Entries provided =
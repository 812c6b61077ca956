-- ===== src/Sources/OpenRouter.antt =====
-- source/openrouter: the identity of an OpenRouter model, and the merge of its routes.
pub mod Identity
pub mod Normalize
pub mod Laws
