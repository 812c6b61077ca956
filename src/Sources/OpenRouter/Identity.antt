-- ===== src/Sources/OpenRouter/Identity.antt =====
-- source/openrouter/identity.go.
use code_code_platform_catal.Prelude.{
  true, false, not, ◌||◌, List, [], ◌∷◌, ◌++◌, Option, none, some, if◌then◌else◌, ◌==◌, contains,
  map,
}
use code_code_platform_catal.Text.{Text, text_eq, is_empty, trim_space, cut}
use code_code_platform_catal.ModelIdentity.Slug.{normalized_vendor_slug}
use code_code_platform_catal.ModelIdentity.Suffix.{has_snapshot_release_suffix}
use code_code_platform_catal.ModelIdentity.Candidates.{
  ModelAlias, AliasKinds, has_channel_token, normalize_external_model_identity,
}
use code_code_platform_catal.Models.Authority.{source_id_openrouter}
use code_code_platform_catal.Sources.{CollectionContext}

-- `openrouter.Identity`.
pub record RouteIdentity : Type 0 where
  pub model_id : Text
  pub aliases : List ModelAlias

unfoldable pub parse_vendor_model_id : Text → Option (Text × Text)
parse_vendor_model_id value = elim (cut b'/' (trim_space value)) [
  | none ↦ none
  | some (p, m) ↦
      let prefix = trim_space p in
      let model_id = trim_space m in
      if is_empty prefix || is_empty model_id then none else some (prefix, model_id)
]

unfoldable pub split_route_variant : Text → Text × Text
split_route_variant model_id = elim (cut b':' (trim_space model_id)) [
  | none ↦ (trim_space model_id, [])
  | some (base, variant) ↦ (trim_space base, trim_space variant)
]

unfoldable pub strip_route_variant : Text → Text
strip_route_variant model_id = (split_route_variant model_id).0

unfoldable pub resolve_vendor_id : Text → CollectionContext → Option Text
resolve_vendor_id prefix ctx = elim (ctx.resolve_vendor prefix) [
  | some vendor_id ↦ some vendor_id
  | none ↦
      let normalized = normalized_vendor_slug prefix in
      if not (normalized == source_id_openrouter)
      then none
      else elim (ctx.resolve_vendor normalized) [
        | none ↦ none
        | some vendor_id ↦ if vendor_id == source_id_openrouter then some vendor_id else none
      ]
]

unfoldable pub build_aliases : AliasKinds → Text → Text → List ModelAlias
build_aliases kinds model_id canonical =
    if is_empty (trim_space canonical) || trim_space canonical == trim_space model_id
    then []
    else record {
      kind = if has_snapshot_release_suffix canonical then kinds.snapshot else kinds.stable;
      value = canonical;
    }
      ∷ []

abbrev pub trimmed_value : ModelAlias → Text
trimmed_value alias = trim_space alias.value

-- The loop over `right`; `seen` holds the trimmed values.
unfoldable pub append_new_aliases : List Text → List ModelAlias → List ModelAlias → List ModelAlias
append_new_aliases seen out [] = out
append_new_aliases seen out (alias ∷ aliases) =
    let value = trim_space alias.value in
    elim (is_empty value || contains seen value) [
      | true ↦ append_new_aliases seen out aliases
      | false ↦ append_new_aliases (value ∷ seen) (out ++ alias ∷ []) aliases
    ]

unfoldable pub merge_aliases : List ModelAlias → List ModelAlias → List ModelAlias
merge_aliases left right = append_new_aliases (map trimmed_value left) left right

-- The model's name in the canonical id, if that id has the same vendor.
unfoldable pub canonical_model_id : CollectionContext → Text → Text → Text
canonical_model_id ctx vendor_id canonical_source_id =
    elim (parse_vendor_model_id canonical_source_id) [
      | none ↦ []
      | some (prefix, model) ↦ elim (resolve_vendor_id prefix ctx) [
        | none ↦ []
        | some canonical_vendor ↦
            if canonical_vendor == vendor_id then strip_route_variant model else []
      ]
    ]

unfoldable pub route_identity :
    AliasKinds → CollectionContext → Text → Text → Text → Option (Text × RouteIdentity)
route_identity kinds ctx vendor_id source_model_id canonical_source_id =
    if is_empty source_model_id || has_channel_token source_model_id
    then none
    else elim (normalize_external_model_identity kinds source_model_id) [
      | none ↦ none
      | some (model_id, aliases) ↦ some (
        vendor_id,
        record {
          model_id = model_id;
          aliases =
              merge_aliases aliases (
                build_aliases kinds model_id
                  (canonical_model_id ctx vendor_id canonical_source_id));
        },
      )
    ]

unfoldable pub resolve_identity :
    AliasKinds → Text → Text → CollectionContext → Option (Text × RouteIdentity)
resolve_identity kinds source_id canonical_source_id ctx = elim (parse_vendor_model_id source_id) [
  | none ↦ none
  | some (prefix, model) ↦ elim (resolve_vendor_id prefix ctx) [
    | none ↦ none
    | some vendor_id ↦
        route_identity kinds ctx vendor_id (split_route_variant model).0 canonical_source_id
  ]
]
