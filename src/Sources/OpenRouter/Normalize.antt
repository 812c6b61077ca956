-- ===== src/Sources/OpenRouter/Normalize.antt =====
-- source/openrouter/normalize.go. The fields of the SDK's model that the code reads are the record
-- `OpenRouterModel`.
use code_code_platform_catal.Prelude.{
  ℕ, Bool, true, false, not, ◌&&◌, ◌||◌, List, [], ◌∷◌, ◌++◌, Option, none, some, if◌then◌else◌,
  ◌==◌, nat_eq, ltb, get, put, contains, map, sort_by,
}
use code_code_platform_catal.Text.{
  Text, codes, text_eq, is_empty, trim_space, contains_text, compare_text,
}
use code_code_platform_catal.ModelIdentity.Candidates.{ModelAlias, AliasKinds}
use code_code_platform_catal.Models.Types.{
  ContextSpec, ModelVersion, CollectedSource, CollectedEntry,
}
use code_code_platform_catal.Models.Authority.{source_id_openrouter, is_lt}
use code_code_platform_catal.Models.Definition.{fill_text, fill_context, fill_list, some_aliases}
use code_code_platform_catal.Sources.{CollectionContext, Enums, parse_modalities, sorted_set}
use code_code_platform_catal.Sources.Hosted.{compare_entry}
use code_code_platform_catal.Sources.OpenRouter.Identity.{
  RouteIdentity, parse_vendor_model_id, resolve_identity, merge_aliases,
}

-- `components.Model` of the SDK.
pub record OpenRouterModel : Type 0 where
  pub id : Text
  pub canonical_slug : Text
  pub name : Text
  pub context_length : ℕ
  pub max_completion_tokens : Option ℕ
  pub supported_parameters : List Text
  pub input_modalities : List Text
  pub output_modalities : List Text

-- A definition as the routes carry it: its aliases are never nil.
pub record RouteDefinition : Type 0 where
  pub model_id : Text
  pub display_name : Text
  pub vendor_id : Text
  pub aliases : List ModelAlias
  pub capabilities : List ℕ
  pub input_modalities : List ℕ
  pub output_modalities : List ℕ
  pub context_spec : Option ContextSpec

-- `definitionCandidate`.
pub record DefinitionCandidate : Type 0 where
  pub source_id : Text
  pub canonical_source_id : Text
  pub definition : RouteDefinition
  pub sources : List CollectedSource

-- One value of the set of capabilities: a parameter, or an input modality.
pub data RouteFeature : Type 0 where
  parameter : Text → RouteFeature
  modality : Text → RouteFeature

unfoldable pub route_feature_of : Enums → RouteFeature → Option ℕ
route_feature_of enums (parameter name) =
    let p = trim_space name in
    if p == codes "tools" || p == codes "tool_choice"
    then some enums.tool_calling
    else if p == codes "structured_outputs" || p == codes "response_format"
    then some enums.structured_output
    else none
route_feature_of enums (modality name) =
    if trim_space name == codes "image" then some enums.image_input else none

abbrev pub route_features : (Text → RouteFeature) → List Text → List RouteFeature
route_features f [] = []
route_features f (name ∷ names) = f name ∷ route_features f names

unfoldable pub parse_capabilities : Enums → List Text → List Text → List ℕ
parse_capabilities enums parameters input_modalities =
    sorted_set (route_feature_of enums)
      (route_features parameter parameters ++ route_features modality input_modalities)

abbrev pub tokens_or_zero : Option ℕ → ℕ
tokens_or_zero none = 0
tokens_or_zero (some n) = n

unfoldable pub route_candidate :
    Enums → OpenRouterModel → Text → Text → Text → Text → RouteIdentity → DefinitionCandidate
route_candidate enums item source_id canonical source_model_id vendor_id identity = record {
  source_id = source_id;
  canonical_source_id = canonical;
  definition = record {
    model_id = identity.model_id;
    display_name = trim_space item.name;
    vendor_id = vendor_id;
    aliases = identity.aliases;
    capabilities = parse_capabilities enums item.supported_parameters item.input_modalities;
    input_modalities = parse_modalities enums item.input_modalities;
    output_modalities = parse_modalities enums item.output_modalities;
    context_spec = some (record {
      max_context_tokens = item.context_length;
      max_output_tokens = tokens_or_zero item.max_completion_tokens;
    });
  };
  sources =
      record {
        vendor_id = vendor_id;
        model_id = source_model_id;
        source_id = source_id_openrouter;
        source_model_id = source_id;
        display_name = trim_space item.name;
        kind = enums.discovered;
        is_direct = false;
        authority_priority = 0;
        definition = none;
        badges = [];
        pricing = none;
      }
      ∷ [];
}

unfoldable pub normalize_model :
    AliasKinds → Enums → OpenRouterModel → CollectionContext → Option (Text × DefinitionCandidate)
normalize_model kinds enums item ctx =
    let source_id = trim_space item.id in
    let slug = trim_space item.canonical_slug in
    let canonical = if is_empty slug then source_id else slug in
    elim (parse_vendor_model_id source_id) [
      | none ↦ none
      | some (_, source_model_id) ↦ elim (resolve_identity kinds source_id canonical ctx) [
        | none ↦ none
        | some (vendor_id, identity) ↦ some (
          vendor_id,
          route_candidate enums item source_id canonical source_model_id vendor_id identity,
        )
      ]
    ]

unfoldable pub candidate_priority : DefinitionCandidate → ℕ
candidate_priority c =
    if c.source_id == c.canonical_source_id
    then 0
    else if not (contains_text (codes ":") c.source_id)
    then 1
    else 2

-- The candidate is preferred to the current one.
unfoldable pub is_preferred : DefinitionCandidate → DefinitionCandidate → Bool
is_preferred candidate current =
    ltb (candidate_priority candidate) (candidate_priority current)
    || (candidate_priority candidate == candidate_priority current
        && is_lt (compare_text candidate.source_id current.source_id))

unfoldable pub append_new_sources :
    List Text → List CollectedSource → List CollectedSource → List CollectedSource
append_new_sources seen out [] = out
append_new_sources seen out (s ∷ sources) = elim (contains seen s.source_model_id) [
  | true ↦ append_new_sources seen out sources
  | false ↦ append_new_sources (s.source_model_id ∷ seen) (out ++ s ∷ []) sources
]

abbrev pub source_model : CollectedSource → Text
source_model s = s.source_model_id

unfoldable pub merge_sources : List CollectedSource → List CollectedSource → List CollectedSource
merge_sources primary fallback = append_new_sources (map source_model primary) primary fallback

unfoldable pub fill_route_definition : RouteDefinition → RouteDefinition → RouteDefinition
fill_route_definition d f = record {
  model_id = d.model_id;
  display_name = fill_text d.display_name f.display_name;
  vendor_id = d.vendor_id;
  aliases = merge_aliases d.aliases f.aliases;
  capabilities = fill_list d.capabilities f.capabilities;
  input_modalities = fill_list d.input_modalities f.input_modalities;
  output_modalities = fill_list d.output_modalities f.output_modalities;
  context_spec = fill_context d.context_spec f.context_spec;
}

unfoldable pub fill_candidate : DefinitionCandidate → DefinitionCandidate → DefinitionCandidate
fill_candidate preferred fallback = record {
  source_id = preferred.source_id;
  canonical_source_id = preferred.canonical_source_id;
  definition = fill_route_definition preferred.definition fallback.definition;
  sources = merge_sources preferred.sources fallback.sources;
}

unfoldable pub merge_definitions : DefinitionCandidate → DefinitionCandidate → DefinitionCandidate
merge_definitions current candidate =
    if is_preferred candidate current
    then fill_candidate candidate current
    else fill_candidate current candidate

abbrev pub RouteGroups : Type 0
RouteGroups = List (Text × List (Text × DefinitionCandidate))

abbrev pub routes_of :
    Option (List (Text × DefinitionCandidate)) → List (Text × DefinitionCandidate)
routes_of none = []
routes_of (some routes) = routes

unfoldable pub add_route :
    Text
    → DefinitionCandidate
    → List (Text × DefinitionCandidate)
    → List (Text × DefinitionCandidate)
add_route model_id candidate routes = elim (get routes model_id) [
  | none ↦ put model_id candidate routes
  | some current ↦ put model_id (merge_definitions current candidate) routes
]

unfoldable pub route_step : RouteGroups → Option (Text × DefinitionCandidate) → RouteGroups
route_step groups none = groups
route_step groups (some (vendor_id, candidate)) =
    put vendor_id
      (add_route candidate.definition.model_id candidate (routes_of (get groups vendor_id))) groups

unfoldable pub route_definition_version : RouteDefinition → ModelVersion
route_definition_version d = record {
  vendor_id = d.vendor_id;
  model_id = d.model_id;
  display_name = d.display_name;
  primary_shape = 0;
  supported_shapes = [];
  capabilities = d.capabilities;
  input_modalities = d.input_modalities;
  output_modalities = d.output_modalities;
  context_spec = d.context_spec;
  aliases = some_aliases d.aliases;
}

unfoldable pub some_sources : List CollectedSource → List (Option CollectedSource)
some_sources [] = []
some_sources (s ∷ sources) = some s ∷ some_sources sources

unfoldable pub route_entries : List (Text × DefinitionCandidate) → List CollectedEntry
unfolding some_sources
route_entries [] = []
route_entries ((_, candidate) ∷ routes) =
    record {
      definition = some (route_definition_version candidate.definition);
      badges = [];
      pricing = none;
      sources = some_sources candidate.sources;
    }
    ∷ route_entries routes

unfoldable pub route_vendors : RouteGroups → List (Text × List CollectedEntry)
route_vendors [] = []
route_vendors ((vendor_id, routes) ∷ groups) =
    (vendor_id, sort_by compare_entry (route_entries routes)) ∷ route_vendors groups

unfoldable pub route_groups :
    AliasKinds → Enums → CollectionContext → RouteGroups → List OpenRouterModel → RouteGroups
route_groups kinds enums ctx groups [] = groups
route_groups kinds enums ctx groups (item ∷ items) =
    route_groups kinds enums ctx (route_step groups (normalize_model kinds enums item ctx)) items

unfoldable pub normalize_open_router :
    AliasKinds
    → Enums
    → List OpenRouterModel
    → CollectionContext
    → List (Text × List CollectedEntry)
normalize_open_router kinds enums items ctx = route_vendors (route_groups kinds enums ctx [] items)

Requirement =
What is the number of lines in this material that hold the string "codes"? Answer with that number only.

Expected output =
5